A 2021 report from the Florida Hospital Association and the Safety Net Hospital Alliance of Florida projected that Florida would face a 59,000-nurse shortage by 2035 amid an aging and growing population.

Florida, the report said, needs to increase sharply the number of nursing school graduates.

Currently, high-quality Florida nursing programs — among them the University of Central Florida’s College of Nursing — turn away qualified applicants because of a lack of capacity. The state also has the lowest first-time pass rate on the national nursing licensing exam, called NCLEX, fueled by poor-performing schools.

In the 2022-23 school year, the average Florida nursing program had about 217 qualified applicants but could only accommodate 148, according to a report by the Florida Center for Nursing, a state center headquartered at the University of South Florida College of Nursing.

 

The center found 76% of Florida students passed the NCLEX-RN exam on their first try in 2023, compared to about 88% nationwide.

Nursing education leaders say the key to solving this issue is to further increase funding and enrollment at high-quality, accredited schools, where passing rates often exceed the national average, and come down harder on for-profit and nonaccredited schools, which are more likely to produce graduates unprepared to join the workforce.
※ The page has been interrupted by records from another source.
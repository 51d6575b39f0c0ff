-- ===== src/Base/Bits.antt =====
-- Laws of `&` at variables: one digit at a time, masks of ones, and single bits.
use Prim.Native.Nat.{
  ℕ, zero, suc, ◌+◌, ◌-◌, ◌*◌, ◌/◌, ◌%◌, ◌^◌, ◌≤◌, ◌<◌, min, bit_and, digits, bit_and-bitwise,
}
use mathlib.Core.Path.{◌≡◌, refl, ap}
use native.Mathlib.Omega.{arith}
use native.Mathlib.Nat.{pow-suc, one-le-pow}

-- What `bit_and` computes, with the number of digits that it may look at made explicit.
abbrev and_within : ℕ → ℕ → ℕ → ℕ
and_within fuel x y = digits (λ _. zero) min fuel x y

-- Any two allowances that cover the first number agree.
and_within_irrelevant : (f g x y : ℕ) → x ≤ f → x ≤ g → and_within f x y ≡ and_within g x y
and_within_irrelevant zero zero x y hf hg = refl
and_within_irrelevant (suc f) (suc g) (suc x) y hf hg =
    let next = and_within_irrelevant f g (suc x / 2) (y / 2) (omega arith) (omega arith) in
    omega (arith, next)
and_within_irrelevant f g zero y hf hg = refl
and_within_irrelevant _ _ _ y hf hg = absurd (omega arith)

-- The lowest digit splits off.
pub bit_and_digit : (x y : ℕ) → bit_and x y ≡ 2 * bit_and (x / 2) (y / 2) + min (x % 2) (y % 2)
bit_and_digit zero y = omega (arith, bit_and-bitwise 0 y, bit_and-bitwise 0 (y / 2))
bit_and_digit (suc x) y =
    let tail =
      and_within_irrelevant x (suc x / 2) (suc x / 2) (y / 2) (omega arith) (omega arith) in
    omega (arith, tail, bit_and-bitwise (suc x) y, bit_and-bitwise (suc x / 2) (y / 2))

pub bit_and-zero : (k x : ℕ) → x < 2 ^ k → bit_and x 0 ≡ 0
bit_and-zero zero zero h = bit_and-bitwise 0 0
bit_and-zero zero (suc x) h = absurd (omega arith)
bit_and-zero (suc k) x h =
    omega (arith, bit_and_digit x 0, bit_and-zero k (x / 2) (omega (arith, pow-suc 2 k)))

-- A mask of `k` ones keeps a number of `k` digits.
pub bit_and-ones : (k x : ℕ) → x < 2 ^ k → bit_and x (2 ^ k - 1) ≡ x
bit_and-ones zero zero h = bit_and-bitwise 0 (2 ^ 0 - 1)
bit_and-ones zero (suc x) h = absurd (omega arith)
bit_and-ones (suc k) x h =
    let half : (2 ^ suc k - 1) / 2 ≡ 2 ^ k - 1 = omega (arith, pow-suc 2 k) in
    omega (
      arith,
      bit_and_digit x (2 ^ suc k - 1),
      ap (bit_and (x / 2)) half,
      bit_and-ones k (x / 2) (omega (arith, pow-suc 2 k)),
      pow-suc 2 k,
      one-le-pow k 2 (omega arith),
    )

-- `x & ~0xF` on 32 bits clears the lowest four digits.
pub bit_and_high : (x : ℕ) → x < 2 ^ 32 → bit_and x 0xffff_fff0 ≡ 16 * (x / 16)
bit_and_high x h = omega (
  arith,
  bit_and_digit x 0xffff_fff0,
  bit_and_digit (x / 2) 0x7fff_fff8,
  bit_and_digit (x / 2 / 2) 0x3fff_fffc,
  bit_and_digit (x / 2 / 2 / 2) 0x1fff_fffe,
  bit_and-ones 28 (x / 2 / 2 / 2 / 2) (omega arith),
)

-- The four tests of one bit of a 32-bit mask.
pub bit_and-one : (x : ℕ) → x < 2 ^ 32 → bit_and x 1 ≡ x % 2
bit_and-one x h = omega (arith, bit_and_digit x 1, bit_and-zero 32 (x / 2) (omega arith))

pub bit_and_two : (x : ℕ) → x < 2 ^ 32 → bit_and x 2 ≡ 2 * (x / 2 % 2)
bit_and_two x h = omega (arith, bit_and_digit x 2, bit_and-one (x / 2) (omega arith))

pub bit_and_four : (x : ℕ) → x < 2 ^ 32 → bit_and x 4 ≡ 4 * (x / 4 % 2)
bit_and_four x h = omega (arith, bit_and_digit x 4, bit_and_two (x / 2) (omega arith))

pub bit_and_eight : (x : ℕ) → x < 2 ^ 32 → bit_and x 8 ≡ 8 * (x / 8 % 2)
bit_and_eight x h = omega (arith, bit_and_digit x 8, bit_and_four (x / 2) (omega arith))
Last quarter, at some of those schools, not a single graduate passed the nursing exam on their first attempt.

Florida has invested hundreds of millions of dollars over the past two years to expand state school nursing programs.

The College of Central Florida, UCF, Seminole State College of Florida, Polk State College and Lake-Sumter College all had 100% first-time pass rates in the most recent quarter, according to the State Board of Nursing. Valencia College’s graduates had an 89% pass rate.